WHAT THIS TASK INVOLVES:
Go to the line in the entries below that holds "redacted_or true v c = (λ e. refl, tt)" and repeat exactly from there through the line that holds "walk_items-IsCleanItems (cons item", inclusive.

DATA FOR THIS TASK:
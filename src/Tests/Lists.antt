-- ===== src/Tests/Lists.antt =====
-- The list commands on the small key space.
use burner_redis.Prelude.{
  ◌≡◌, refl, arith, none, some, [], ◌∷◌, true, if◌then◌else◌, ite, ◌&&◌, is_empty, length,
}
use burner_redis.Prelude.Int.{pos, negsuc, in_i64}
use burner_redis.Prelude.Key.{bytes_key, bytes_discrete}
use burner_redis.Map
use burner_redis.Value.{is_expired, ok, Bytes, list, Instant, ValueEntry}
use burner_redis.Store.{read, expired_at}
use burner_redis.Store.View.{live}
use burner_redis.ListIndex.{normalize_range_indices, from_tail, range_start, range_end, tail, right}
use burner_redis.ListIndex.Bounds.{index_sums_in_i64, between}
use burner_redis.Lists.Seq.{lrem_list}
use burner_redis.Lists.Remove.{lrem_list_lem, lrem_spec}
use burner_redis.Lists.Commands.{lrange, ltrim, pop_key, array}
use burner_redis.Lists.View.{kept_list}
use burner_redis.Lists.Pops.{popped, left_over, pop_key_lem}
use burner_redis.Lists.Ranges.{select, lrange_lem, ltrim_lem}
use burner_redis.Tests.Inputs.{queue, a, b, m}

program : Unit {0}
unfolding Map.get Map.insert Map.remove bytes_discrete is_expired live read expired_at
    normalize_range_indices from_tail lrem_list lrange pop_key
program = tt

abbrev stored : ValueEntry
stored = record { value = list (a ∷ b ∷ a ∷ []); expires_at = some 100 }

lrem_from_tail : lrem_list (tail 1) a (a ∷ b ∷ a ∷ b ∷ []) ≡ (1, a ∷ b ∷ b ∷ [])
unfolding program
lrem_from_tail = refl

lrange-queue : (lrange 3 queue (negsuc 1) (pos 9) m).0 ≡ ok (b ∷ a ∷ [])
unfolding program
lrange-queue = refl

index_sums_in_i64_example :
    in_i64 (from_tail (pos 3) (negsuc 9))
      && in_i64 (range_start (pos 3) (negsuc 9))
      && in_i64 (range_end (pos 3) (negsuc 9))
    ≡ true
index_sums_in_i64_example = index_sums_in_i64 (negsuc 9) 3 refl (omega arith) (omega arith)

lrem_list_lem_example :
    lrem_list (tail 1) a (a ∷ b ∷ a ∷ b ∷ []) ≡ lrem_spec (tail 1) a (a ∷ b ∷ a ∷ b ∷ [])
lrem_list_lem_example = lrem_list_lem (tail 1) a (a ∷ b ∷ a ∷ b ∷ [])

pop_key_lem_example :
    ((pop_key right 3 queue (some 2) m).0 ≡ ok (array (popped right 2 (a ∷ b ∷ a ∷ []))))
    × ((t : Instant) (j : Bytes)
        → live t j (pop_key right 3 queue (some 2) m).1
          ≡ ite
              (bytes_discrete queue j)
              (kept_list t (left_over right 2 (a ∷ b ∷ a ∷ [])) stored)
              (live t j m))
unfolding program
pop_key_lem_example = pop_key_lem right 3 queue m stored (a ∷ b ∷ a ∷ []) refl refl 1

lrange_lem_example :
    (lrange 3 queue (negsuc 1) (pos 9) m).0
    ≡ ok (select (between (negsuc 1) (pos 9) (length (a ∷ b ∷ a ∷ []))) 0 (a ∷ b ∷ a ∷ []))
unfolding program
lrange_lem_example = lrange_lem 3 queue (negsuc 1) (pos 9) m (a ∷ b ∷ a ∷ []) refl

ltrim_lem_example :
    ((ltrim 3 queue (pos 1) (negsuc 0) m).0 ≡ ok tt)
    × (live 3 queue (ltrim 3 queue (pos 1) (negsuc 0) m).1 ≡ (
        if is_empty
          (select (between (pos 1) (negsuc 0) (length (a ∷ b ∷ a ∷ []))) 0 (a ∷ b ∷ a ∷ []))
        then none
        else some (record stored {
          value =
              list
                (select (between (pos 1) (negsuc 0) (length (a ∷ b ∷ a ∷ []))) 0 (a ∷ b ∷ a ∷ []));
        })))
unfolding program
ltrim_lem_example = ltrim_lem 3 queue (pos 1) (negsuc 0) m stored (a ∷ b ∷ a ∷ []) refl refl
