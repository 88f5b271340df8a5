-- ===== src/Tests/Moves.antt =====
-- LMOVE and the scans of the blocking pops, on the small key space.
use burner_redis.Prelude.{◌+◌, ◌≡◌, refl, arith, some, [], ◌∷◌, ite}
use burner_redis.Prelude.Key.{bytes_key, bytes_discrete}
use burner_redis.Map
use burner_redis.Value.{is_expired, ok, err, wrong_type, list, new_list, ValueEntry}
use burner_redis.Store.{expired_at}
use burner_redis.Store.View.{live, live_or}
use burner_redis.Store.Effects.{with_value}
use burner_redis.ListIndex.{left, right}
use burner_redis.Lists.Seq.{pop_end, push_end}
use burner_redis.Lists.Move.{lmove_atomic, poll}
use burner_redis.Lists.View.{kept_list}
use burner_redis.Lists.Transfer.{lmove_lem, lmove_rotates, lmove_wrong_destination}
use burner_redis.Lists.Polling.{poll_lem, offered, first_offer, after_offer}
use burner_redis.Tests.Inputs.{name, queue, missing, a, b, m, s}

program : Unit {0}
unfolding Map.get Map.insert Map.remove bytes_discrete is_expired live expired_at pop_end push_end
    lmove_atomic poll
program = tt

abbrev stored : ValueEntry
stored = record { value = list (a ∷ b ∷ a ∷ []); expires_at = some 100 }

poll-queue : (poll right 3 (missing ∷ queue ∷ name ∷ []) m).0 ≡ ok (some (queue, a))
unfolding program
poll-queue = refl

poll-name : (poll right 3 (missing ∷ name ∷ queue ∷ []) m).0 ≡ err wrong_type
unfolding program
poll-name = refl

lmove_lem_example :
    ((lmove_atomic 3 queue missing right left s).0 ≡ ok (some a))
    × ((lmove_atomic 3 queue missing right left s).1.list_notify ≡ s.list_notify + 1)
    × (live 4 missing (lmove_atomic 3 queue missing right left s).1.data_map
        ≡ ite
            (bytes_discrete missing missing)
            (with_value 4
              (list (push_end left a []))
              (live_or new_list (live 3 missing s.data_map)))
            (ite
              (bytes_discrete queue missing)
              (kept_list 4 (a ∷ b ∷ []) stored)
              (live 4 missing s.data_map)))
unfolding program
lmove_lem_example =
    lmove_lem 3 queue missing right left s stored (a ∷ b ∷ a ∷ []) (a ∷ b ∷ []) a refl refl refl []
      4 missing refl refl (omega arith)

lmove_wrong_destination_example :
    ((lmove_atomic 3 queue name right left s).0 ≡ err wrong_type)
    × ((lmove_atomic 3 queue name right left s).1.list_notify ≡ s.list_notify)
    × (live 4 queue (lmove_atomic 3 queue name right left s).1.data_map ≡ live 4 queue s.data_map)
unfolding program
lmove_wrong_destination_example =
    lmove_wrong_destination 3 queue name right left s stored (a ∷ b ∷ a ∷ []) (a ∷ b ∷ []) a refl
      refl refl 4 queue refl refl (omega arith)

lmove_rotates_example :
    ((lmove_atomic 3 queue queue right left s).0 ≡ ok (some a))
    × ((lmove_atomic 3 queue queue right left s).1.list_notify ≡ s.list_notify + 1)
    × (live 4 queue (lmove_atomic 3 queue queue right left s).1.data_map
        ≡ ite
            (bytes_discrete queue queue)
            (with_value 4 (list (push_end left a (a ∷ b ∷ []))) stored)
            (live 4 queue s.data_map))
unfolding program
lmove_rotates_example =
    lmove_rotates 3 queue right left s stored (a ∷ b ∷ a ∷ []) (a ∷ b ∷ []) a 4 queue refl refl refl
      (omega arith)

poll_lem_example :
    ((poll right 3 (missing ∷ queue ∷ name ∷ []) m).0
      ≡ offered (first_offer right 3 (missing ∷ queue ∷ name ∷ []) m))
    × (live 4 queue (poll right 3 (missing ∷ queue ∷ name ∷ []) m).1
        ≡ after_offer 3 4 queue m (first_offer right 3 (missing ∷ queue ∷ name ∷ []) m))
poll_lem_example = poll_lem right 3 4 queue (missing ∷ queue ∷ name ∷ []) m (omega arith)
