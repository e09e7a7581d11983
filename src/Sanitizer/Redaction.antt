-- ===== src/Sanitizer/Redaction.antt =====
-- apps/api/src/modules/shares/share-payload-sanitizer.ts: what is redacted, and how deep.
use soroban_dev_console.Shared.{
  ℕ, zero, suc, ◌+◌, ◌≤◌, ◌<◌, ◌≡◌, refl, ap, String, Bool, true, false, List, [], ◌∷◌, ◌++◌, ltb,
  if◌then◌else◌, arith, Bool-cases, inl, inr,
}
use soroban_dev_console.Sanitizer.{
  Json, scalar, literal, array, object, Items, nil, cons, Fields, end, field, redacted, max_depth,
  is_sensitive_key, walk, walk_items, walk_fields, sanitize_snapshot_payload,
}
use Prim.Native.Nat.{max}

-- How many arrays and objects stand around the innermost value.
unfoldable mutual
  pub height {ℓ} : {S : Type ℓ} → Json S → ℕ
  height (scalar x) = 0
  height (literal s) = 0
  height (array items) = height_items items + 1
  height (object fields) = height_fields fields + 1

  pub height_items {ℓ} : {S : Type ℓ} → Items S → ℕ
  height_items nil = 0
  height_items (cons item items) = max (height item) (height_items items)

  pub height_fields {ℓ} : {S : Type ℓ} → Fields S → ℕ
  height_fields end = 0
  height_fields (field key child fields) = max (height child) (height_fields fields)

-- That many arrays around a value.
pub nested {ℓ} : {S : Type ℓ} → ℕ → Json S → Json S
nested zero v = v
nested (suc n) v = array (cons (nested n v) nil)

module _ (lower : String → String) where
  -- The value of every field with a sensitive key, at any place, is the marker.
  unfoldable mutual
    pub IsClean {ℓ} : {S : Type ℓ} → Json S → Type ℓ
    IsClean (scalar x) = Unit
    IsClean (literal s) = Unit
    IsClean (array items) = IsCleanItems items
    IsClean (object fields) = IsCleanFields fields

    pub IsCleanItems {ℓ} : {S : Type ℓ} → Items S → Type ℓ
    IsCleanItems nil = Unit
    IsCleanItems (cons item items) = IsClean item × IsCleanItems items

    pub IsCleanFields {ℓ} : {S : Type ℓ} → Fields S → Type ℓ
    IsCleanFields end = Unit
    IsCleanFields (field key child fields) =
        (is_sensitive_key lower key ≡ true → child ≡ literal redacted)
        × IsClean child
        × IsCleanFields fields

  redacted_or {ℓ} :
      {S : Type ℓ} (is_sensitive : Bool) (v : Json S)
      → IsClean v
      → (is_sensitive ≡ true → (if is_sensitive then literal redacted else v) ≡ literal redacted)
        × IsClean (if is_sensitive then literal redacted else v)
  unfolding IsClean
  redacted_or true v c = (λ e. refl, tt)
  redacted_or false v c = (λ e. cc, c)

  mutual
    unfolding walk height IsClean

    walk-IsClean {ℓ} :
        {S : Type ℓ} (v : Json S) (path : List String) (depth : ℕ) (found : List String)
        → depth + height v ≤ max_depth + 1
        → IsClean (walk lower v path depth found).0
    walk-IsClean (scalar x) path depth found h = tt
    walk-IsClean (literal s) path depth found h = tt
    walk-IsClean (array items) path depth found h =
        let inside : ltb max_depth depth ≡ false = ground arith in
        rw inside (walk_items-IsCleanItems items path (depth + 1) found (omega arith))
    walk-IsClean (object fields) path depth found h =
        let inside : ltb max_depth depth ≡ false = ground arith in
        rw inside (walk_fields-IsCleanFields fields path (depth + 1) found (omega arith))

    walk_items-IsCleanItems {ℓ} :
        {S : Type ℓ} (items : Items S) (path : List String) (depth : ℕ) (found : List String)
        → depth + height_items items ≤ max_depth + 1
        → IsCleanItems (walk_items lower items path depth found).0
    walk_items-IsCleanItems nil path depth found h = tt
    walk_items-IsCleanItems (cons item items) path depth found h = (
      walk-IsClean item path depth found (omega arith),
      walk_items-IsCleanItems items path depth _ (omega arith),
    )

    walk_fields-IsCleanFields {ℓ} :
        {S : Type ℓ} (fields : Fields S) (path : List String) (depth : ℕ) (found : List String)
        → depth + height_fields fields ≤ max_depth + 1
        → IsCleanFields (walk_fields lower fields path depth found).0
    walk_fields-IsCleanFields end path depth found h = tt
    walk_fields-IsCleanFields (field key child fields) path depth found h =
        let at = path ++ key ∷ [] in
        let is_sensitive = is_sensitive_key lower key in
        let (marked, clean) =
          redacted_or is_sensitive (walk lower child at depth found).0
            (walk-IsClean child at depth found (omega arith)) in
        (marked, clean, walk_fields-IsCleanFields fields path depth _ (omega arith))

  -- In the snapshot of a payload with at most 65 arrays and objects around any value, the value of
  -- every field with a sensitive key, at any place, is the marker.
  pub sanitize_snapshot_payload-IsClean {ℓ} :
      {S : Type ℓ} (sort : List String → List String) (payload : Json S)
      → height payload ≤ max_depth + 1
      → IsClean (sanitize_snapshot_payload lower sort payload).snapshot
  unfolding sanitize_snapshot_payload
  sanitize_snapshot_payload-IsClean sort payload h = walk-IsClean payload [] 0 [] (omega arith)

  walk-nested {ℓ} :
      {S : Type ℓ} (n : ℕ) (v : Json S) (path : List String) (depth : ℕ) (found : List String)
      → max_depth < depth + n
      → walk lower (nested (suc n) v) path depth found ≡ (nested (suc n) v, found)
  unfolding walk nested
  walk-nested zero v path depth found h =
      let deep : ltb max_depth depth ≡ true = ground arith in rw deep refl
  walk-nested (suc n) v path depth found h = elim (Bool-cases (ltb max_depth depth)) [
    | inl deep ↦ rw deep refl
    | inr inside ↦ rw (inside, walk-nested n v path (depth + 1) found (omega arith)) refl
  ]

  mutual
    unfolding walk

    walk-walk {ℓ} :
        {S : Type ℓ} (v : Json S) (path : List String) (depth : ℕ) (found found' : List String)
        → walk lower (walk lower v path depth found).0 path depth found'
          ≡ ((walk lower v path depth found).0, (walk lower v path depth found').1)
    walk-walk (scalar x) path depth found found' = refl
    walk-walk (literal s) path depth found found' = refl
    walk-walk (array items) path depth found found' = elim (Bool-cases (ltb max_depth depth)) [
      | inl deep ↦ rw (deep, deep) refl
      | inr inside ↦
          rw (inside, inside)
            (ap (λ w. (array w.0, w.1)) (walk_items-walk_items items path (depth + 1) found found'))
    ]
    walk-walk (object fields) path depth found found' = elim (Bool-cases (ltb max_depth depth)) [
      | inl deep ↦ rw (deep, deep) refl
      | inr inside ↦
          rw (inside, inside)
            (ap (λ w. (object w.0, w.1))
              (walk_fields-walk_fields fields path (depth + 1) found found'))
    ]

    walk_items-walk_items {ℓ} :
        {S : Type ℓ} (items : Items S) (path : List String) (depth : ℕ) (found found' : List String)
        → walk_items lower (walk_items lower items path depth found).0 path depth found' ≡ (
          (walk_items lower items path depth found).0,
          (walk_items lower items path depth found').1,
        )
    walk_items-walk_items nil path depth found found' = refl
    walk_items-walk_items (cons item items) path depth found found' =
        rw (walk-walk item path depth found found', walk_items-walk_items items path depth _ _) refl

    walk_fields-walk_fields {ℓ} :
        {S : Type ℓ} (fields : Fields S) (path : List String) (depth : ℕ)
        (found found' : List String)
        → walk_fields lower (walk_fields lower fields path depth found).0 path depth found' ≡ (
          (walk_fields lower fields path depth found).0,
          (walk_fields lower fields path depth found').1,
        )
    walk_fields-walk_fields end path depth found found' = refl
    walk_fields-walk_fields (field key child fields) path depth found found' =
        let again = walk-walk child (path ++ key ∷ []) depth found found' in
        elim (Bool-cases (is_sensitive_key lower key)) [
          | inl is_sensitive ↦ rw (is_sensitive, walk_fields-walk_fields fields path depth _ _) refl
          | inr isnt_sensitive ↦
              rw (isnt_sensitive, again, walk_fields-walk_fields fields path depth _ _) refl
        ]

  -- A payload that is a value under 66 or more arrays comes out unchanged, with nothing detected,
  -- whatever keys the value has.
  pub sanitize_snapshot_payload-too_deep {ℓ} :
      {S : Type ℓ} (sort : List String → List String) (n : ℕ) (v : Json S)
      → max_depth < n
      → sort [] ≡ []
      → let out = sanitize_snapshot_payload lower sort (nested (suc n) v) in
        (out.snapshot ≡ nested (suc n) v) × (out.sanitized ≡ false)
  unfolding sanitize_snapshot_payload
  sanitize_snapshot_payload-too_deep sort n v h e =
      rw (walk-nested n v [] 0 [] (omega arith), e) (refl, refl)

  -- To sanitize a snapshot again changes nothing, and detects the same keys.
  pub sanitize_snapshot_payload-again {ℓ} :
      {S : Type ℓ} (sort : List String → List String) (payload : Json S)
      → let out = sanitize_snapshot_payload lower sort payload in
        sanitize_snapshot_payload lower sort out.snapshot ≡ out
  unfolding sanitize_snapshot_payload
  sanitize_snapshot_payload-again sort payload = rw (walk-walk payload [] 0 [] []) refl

RESPONSE BELOW:
  redacted_or true v c = (λ e. refl, tt)
  redacted_or false v c = (λ e. cc, c)

  mutual
    unfolding walk height IsClean

    walk-IsClean {ℓ} :
        {S : Type ℓ} (v : Json S) (path : List String) (depth : ℕ) (found : List String)
        → depth + height v ≤ max_depth + 1
        → IsClean (walk lower v path depth found).0
    walk-IsClean (scalar x) path depth found h = tt
    walk-IsClean (literal s) path depth found h = tt
    walk-IsClean (array items) path depth found h =
        let inside : ltb max_depth depth ≡ false = ground arith in
        rw inside (walk_items-IsCleanItems items path (depth + 1) found (omega arith))
    walk-IsClean (object fields) path depth found h =
        let inside : ltb max_depth depth ≡ false = ground arith in
        rw inside (walk_fields-IsCleanFields fields path (depth + 1) found (omega arith))

    walk_items-IsCleanItems {ℓ} :
        {S : Type ℓ} (items : Items S) (path : List String) (depth : ℕ) (found : List String)
        → depth + height_items items ≤ max_depth + 1
        → IsCleanItems (walk_items lower items path depth found).0
    walk_items-IsCleanItems nil path depth found h = tt
    walk_items-IsCleanItems (cons item items) path depth found h = (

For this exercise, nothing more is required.